A drug developed by artificial intelligence (AI) is being trialled on humans in a world first.

UK startup Exscientia has used its software platform, dubbed ‘Centaur Chemist’, to select a drug candidate for the treatment of obsessive-compulsive disorder (OCD).

The drug in question, labelled DSP-1181, is the world’s first AI-designed molecule to be used in human clinical trials which began in Japan last month.

The Centaur Chemist software platform, in conjunction with experts from Japanese pharmaceutical company Sumitomo Dainippon Pharma, developed and evolved compounds towards a set criteria.

In this case DSP-1181 has been developed as a long-acting and potent serotonin 5-HT1A receptor agonist in the treatment of OCD.

OCD is a psychiatric disorder that can leave people with compulsions, such as repetitive behaviours, as well as obsessions that can impact the quality of life.

The exact mechanism for OCD is not currently known, but problems in the orbitofrontal cortex, anterior cingulate cortex, and striatum are strongly linked to the disorder.

Andrew Hopkins, CEO of Exscientia, called DSP-1181 “a key milestone in drug discovery.”

“We are proud that our AI drug discovery platform Centaur ChemistTM has contributed to generate DSP-1181 and look forward to its progression as a treatment for obsessive-compulsive disorder," said Hopkins.

It took less than 12 months to complete the exploratory research phase for DSP-1181, where traditional research methods might see initial pharmaceutical development take around four to six years.

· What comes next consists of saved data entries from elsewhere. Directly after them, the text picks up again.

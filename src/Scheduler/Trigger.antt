-- ===== src/Scheduler/Trigger.antt =====
-- What a tick does in scheduler/scheduler.go.
use schedule.Base.{
  ◌+◌, none, false, err, Error, ◌≡◌, refl, ap, true, ◌&&◌, Bool-cases, Option, some, Result-cases,
  inl, inr, List, Text, ok, map, arith, ◌⊎◌, context_error, ok-injective,
}
use schedule.Ticker.Window.{Time}
use schedule.Types.{JobStatus, JobOccurrence, JobConfig, OverlapPolicy, skip}
use schedule.Storage.{Storage}
use schedule.Storage
use schedule.Ids.{Formats, generate_job_occurrence_id}
use schedule.Job.{Job, RunsAmong, is_running_in, runs_one_of, is_running_in_exact}
use schedule.Executor.{Env}
use schedule.Dispatch.{Node, submit}
use schedule.Dispatch.Creates.{CreatesOnce}
use schedule.Dispatch.Once.{Ends, unchanged, submit_created}
use schedule.Scheduler.{
  loaded, stored_new, new_occurrence, race, running_now, handle_job_trigger, is_skip,
}

module _ (st : Storage) (env : Env) (ids : Formats) (marshal : JobConfig → Option Text) where
  module _ (once : CreatesOnce st) where
    race-Ends :
        (node_id : Text) (job : Job) (t : Time) (n : Node st)
        → Ends st once n (race st env ids marshal node_id job t n)
    unfolding race stored_new new_occurrence
    race-Ends node_id job t n =
        let o = new_occurrence st env ids marshal job t n in
        let r = stored_new node_id (marshal job.config) o in
        elim (Result-cases (st.create_job_occurrence r n.world.state)) [
          | inl (s, c) ↦
              rw (c, race) (submit_created st once env ids job o r n _ (refl, refl) c (refl, refl))
          | inr (e, c) ↦ rw (c, race) (inl (_, refl, unchanged st once n _ refl refl, refl))
        ]

    -- A tick, over a storage that creates an occurrence once, ends with its submits made, or panics in
    -- an execution if the pool is not started. An occurrence that it submits was not stored before and
    -- is stored afterwards, and nothing stored is lost.
    pub handle_job_trigger-Ends :
        (node_id : Text) (job : Job) (t : Time) (n : Node st)
        → Ends st once n (handle_job_trigger st env ids marshal node_id job t n)
    unfolding handle_job_trigger
    handle_job_trigger-Ends node_id job t n =
        let same = inl (n, refl, unchanged st once n n refl refl, refl) in
        elim (Result-cases (running_now st env ids marshal job n)) [
          | inl (b, e) ↦ elim (Bool-cases (b && is_skip job.config.overlap_policy)) [
            | inl y ↦ rw (e, y, handle_job_trigger) same
            | inr f ↦ rw (e, f, handle_job_trigger) (race-Ends node_id job t n)
          ]
          | inr (x, e) ↦ rw (e, handle_job_trigger) same
        ]

  is_skip-only : (p : OverlapPolicy) → is_skip p ≡ true → p ≡ skip
  is_skip-only p h = ground arith

  -- The occurrence that a tick is about: pending, for its job and its time, of its node.
  pub record IsDue (node_id : Text) (job : Job) (t : Time) (o : JobOccurrence)
      (r : Storage.JobOccurrence) : Type 0 where
    pub named : o.id ≡ generate_job_occurrence_id ids job.id t
    pub of_job : (o.job_id ≡ job.id) × (o.job_version ≡ job.version) × (o.config ≡ job.config)
    pub pending : (o.status ≡ JobStatus.pending) × (o.start_time ≡ none) × (o.end_time ≡ none)
    pub at_time : (o.scheduled_time ≡ t) × (o.is_recovery_run ≡ false)
    pub stored : (r.id ≡ o.id) × (r.job_id ≡ o.job_id) × (r.scheduled_time ≡ t)
    pub stored_pending :
        (r.status ≡ JobStatus.pending) × (r.start_time ≡ none) × (r.end_time ≡ none)
    pub owned : (r.owning_node_id ≡ node_id) × (r.is_recovery_run ≡ false)

  -- Nothing but the store and the count of the clock's readings differs.
  abbrev At : Node st → st.State → Node st
  At n s = record n { world = record n.world { state = s; asked = n.world.asked + 2 } }

  -- The create fails, and nothing is submitted; or it succeeds, and the occurrence is submitted.
  abbrev pub Creates : Text → Job → Time → Node st → Option (Node st) → Type 0
  Creates node_id job t n result =
      (o : JobOccurrence) × (r : Storage.JobOccurrence) × IsDue node_id job t o r
      × (((e : Error) × (st.create_job_occurrence r n.world.state ≡ err e)
            × (result ≡ some (At n n.world.state)))
          ⊎ ((s : st.State) × (st.create_job_occurrence r n.world.state ≡ ok s)
              × (result ≡ submit st env ids job o (At n s))))

  race-Creates :
      (node_id : Text) (job : Job) (t : Time) (n : Node st)
      → Creates node_id job t n (race st env ids marshal node_id job t n)
  unfolding race stored_new new_occurrence
  race-Creates node_id job t n =
      let o = new_occurrence st env ids marshal job t n in
      let r = stored_new node_id (marshal job.config) o in
      let due : IsDue node_id job t o r = record {
        named = refl;
        of_job = (refl, refl, refl);
        pending = (refl, refl, refl);
        at_time = (refl, refl);
        stored = (refl, refl, refl);
        stored_pending = (refl, refl, refl);
        owned = (refl, refl);
      } in
      elim (Result-cases (st.create_job_occurrence r n.world.state)) [
        | inl (s, c) ↦ (o, r, due, inr (s, c, rw (c, race) refl))
        | inr (e, c) ↦ (o, r, due, inl (e, c, rw (c, race) refl))
      ]

  -- A tick does nothing if the list of running occurrences cannot be read, and nothing if it shows one of the
  -- job and the overlap policy is Skip. In every other case it creates a pending occurrence of the job
  -- for its time and its node; if the create fails, it submits nothing, and if it succeeds, it
  -- submits the occurrence.
  pub handle_job_trigger_overlap :
      (node_id : Text) (job : Job) (t : Time) (n : Node st)
      → let result = handle_job_trigger st env ids marshal node_id job t n in
        (((e : Error) × (st.list_running_occurrences n.world.state ≡ err e)) × (result ≡ some n))
        ⊎ ((os : List Storage.JobOccurrence) × (st.list_running_occurrences n.world.state ≡ ok os)
            × (let overlaps =
                  RunsAmong job.id (map loaded os) × (job.config.overlap_policy ≡ skip) in
                (overlaps × (result ≡ some n)) ⊎ ((overlaps → ⊥) × Creates node_id job t n result)))
  unfolding handle_job_trigger running_now is_running_in
  handle_job_trigger_overlap node_id job t n =
      elim (Result-cases (st.list_running_occurrences n.world.state)) [
        | inr (e, h) ↦ inl ((e, h), rw (handle_job_trigger, h) refl)
        | inl (os, h) ↦ inr (
          os,
          h,
          (let exact = (is_running_in_exact job context_error (map loaded os)).1 in
              let busy = runs_one_of job.id (map loaded os) in
              let raced = race-Creates node_id job t n in
              elim (Bool-cases busy) [
                | inl y ↦ elim (Bool-cases (is_skip job.config.overlap_policy)) [
                  | inl s ↦
                      inl (
                        (exact.0 (ap ok y), is_skip-only _ s),
                        rw (handle_job_trigger, h, y, s) refl,
                      )
                  | inr f ↦
                      inr (λ (r, s). cc (f, ap is_skip s), rw (handle_job_trigger, h, y, f) raced)
                ]
                | inr f ↦ inr (
                  λ (r, s). cc (f, ok-injective (exact.1 r)),
                  rw (handle_job_trigger, h, f) raced,
                )
              ]),
        )
      ]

This holds promise for faster, cheaper drug discovery if it is successful in the human clinical trials.

Toru Kimura, Senior Executive Officer of veteren pharmaceutical company Sumitomo Dainippon Pharma, was excited by the fast results from the project.

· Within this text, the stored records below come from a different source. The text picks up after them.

-- ===== src/Scheduler/Cluster.antt =====
-- Several schedulers of scheduler/scheduler.go over one storage: their ticks, their recoveries, the
-- work of their pools and their reapers interleave in any order.
use schedule.Base.{
  ℕ, ◌≡◌, refl, ◌⊎◌, sym, ap, ◌∙◌, subst, Option, none, some, some-injective, Option-cases, inl,
  inr, List, [], ◌∷◌, ◌++◌, Text, length, drop, drop-append, All, All-append, append-nil, ◌==◌,
  if◌then◌else◌,
}
use schedule.Ticker.Window.{Time}
use schedule.Types.{JobConfig, JobOccurrence}
use schedule.Storage.{Storage}
use schedule.Ids.{Formats}
use schedule.Job.{Job}
use schedule.Executor.{Env}
use schedule.Dispatch.{Node, work}
use schedule.Dispatch.Creates.{CreatesOnce, Distinct, All-map, Distinct-append}
use schedule.Dispatch.Once.{Extends, Ends-Extends, work-Extends}
use schedule.Recovery.{apply_strategy}
use schedule.Reaper.{reap_stale_jobs, reap_stale_jobs_kept}
use schedule.Recovery.Once.{apply_strategy-Ends}
use schedule.Scheduler.{handle_job_trigger}
use schedule.Scheduler.Trigger.{handle_job_trigger-Ends}

pub data Event : Type 0 where
  -- the ticker of a job is due, a recovery with the missed times, a worker takes a task, the reaper's
  -- ticker is due
  tick : Job → Time → Event
  recover : Job → List Time → Event
  take_task : Event
  reap : Event

pub record Cluster (st : Storage) : Type 0 where
  pub state : st.State
  pub node : ℕ → Node st
  -- every occurrence that a node has submitted, in order
  pub history : List JobOccurrence

module _ (st : Storage) (env : Env) (ids : Formats) (marshal : JobConfig → Option Text)
    (names : ℕ → Text) where
  unfoldable pub act : Text → Event → Node st → Option (Node st)
  act node_id (tick job t) n = handle_job_trigger st env ids marshal node_id job t n
  act node_id (recover job ts) n = apply_strategy st env ids job ts n
  act node_id take_task n = work st env ids n
  act node_id reap n = some (record n { world = reap_stale_jobs st env ids n.world })

  -- A node as it finds the shared state.
  unfoldable pub at_state : st.State → Node st → Node st
  at_state s n = record n { world = record n.world { state = s } }

  unfoldable pub advance : ℕ → Event → Cluster st → Option (Cluster st)
  unfolding act at_state
  advance k e c =
      let n = at_state c.state (c.node k) in
      elim (act (names k) e n) [
        | none ↦ none
        | some m ↦ some (record {
          state = m.world.state;
          node = λ i. if i == k then m else c.node i;
          history = c.history ++ drop (length n.submitted) m.submitted;
        })
      ]

  unfoldable pub run_cluster : List (ℕ × Event) → Cluster st → Option (Cluster st)
  run_cluster [] c = some c
  run_cluster ((k, e) ∷ es) c = elim (advance k e c) [ none ↦ none | some d ↦ run_cluster es d ]

  module _ (once : CreatesOnce st) where
    -- No occurrence stands twice in the history, and all that stand in it are stored.
    pub record IsOnce (c : Cluster st) : Type 0 where
      pub distinct : Distinct c.history
      pub stored : All (λ o. once.Stored o.job_id o.id c.state) c.history

    act-Extends :
        (node_id : Text) (e : Event) (n m : Node st)
        → act node_id e n ≡ some m
        → Extends st once n m
    unfolding act
    act-Extends node_id (tick job t) n m h =
        Ends-Extends st once n m _ (handle_job_trigger-Ends st env ids marshal once node_id job t n)
          h
    act-Extends node_id (recover job ts) n m h =
        Ends-Extends st once n m _ (apply_strategy-Ends st once env ids job ts n) h
    act-Extends node_id take_task n m h = work-Extends st once env ids n m h
    act-Extends node_id reap n m h = subst (Extends st once n) (some-injective _ _ h) (record {
      new = [];
      grows = sym (append-nil n.submitted);
      distinct = tt;
      fresh = tt;
      stored = tt;
      kept = λ j i. reap_stale_jobs_kept st env ids (once.Stored j i) (once.keeps j i) n.world;
    })

    grown_IsOnce :
        (c : Cluster st) (n m : Node st) (d : Cluster st)
        → IsOnce c
        → n.world.state ≡ c.state
        → Extends st once n m
        → d.history ≡ c.history ++ drop (length n.submitted) m.submitted
        → d.state ≡ m.world.state
        → IsOnce d
    grown_IsOnce c n m d g s x h e =
        let In = λ (t : st.State) (o : JobOccurrence). once.Stored o.job_id o.id t in
        let new : drop (length n.submitted) m.submitted ≡ x.new =
          ap (drop (length n.submitted)) x.grows ∙ drop-append n.submitted x.new in
        let grown : d.history ≡ c.history ++ x.new = h ∙ ap (λ l. c.history ++ l) new in
        let before : All (In n.world.state) c.history =
          subst (λ t. All (In t) c.history) (sym s) g.stored in
        record {
          distinct = subst Distinct (sym grown) (
              Distinct-append (In n.world.state) c.history x.new
                (λ o p (j, i) h.
                  subst (λ y. once.Stored y p.id n.world.state) (sym j)
                    (subst (λ y. once.Stored o.job_id y n.world.state) (sym i) h))
                g.distinct x.distinct before x.fresh);
          stored =
              subst (λ t. All (In t) d.history) (sym e)
                (subst (All (In m.world.state)) (sym grown) (
                  All-append _ c.history x.new
                    (All-map _ _ c.history (λ o h. x.kept o.job_id o.id h) before) x.stored));
        }

    advance-IsOnce :
        (k : ℕ) (e : Event) (c d : Cluster st) → IsOnce c → advance k e c ≡ some d → IsOnce d
    unfolding advance at_state
    advance-IsOnce k e c d g h =
        let n = at_state c.state (c.node k) in
        elim (Option-cases (act (names k) e n)) [
          | inl q ↦ absurd (cc (rw (q, advance) at h))
          | inr (m, q) ↦
              let same = some-injective _ _ (rw (q, advance) at h) in
              grown_IsOnce c n m d g refl (act-Extends (names k) e n m q)
                (sym (ap (λ (d : Cluster st). d.history) same))
                (sym (ap (λ (d : Cluster st). d.state) same))
        ]

    -- A run in which a node panics, or a cluster at its end in which nothing was submitted twice.
    abbrev pub EndsOnce : Option (Cluster st) → Type 0
    EndsOnce result = (result ≡ none) ⊎ ((d : Cluster st) × (result ≡ some d) × IsOnce d)

    -- Over a storage that creates an occurrence once, whatever the ticks, the recoveries, the
    -- workers and the reapers of several schedulers do, in any order, no occurrence is submitted twice, by one of them
    -- or by two, and all that are submitted are stored; unless one of them panics, when the run ends.
    pub run_cluster-IsOnce :
        (es : List (ℕ × Event)) (c : Cluster st) → IsOnce c → EndsOnce (run_cluster es c)
    unfolding run_cluster
    run_cluster-IsOnce [] c g = inr (c, refl, g)
    run_cluster-IsOnce ((k, e) ∷ es) c g = elim (Option-cases (advance k e c)) [
      | inl q ↦ rw (q, run_cluster) (inl refl)
      | inr (b, q) ↦ rw (q, run_cluster) (run_cluster-IsOnce es b (advance-IsOnce k e c b g q))
    ]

“We will continue to work hard to make this clinical study a success so that it may deliver new benefits to patients as soon as possible,” Kimura said.

The process of approving medicines

Medicine and vaccine development is a lengthy process and can take 10-15 years to research, test, register, manufacture and market for the general public, according to Medicines Australia.

This process can typically cost around $3.9 billion ($US2.6b) from conception, through multiple failures, and hopefully to a final product.

This high cost in research is keenly felt by molecular pharmacologist/toxicologist at the University of Adelaide Professor Ian Musgrave.

“It takes forever and it’s really complicated,” he said.

“Most of the money is spent testing humans... making sure that it gets absorbed and nothing goes wrong,” he said.

While Professor Musgrave saw the cutdown in research time as promising, he believes more research data is needed for the AI to analyse.

“It requires a huge backbone of research to find the target receptor,” he said.

AI drug development has also made the news as a team at MIT successfully developed an effective antibiotic.

“Finding a new antibiotic is on people’s minds,” said Professor Musgrave.

“Finding new targets unique to bacteria is no longer a simple task.

“It’s an evolutionary arms race… [and] there’s not much incentive to make new antibiotics.”

Omid Kavehei, Senior Lecturer at the School of Engineering in the University of Sydney, is cautiously optimistic when it comes to this new frontier of medicine-developing software.

“It’s not necessarily a big change to the medical landscape but it will greatly assist current practices,” he said.

“It’s going to simplify searching for new reactions in drug discovery.

“I think in that respect it will be helpful but it shouldn’t be hyped upon.”

Kavehi said big leaps forward in AI research is not so much about processing speed, but rather its capability for continuous, on-the-fly learning, and reliable extrapolation with less or unlabelled data.

Exscientia was founded in 2012 but made waves in the scientific community in a profile feature by Nature in 2017.

Since then Exscientia has partnered with many biotech companies and has raised tens of millions of dollars in investments.